● **TASK GOAL**:
What lines of the data hold the string "that"? Copy them all.

● **DATA PROVIDED**:

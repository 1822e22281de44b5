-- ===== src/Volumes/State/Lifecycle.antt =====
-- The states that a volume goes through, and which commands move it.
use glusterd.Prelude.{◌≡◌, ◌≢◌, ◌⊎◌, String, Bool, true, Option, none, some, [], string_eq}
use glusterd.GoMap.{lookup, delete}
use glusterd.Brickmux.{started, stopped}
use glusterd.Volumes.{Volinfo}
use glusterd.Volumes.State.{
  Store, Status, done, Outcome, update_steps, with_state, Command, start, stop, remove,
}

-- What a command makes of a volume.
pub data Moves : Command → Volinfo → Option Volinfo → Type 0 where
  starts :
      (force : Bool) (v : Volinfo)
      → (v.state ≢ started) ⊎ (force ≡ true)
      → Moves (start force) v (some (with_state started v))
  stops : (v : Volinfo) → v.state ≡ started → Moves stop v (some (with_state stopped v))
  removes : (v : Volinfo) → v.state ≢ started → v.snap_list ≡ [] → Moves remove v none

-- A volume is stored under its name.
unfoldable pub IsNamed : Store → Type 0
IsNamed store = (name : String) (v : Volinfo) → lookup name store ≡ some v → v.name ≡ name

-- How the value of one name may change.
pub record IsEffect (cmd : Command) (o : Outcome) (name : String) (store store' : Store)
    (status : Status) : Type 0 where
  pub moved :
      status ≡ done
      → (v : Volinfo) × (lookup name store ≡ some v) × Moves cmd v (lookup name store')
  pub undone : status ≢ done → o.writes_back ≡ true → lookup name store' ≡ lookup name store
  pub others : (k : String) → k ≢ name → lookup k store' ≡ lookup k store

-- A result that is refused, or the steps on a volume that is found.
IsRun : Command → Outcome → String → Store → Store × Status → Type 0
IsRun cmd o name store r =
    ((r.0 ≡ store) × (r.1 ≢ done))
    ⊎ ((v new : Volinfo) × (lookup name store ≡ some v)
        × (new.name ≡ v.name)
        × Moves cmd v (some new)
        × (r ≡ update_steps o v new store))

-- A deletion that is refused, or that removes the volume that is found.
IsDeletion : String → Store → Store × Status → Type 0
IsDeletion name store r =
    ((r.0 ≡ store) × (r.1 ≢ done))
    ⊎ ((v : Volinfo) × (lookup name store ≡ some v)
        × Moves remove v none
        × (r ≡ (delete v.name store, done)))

● **YOUR SOLUTION**:
-- The states that a volume goes through, and which commands move it.
-- A result that is refused, or the steps on a volume that is found.
-- A deletion that is refused, or that removes the volume that is found.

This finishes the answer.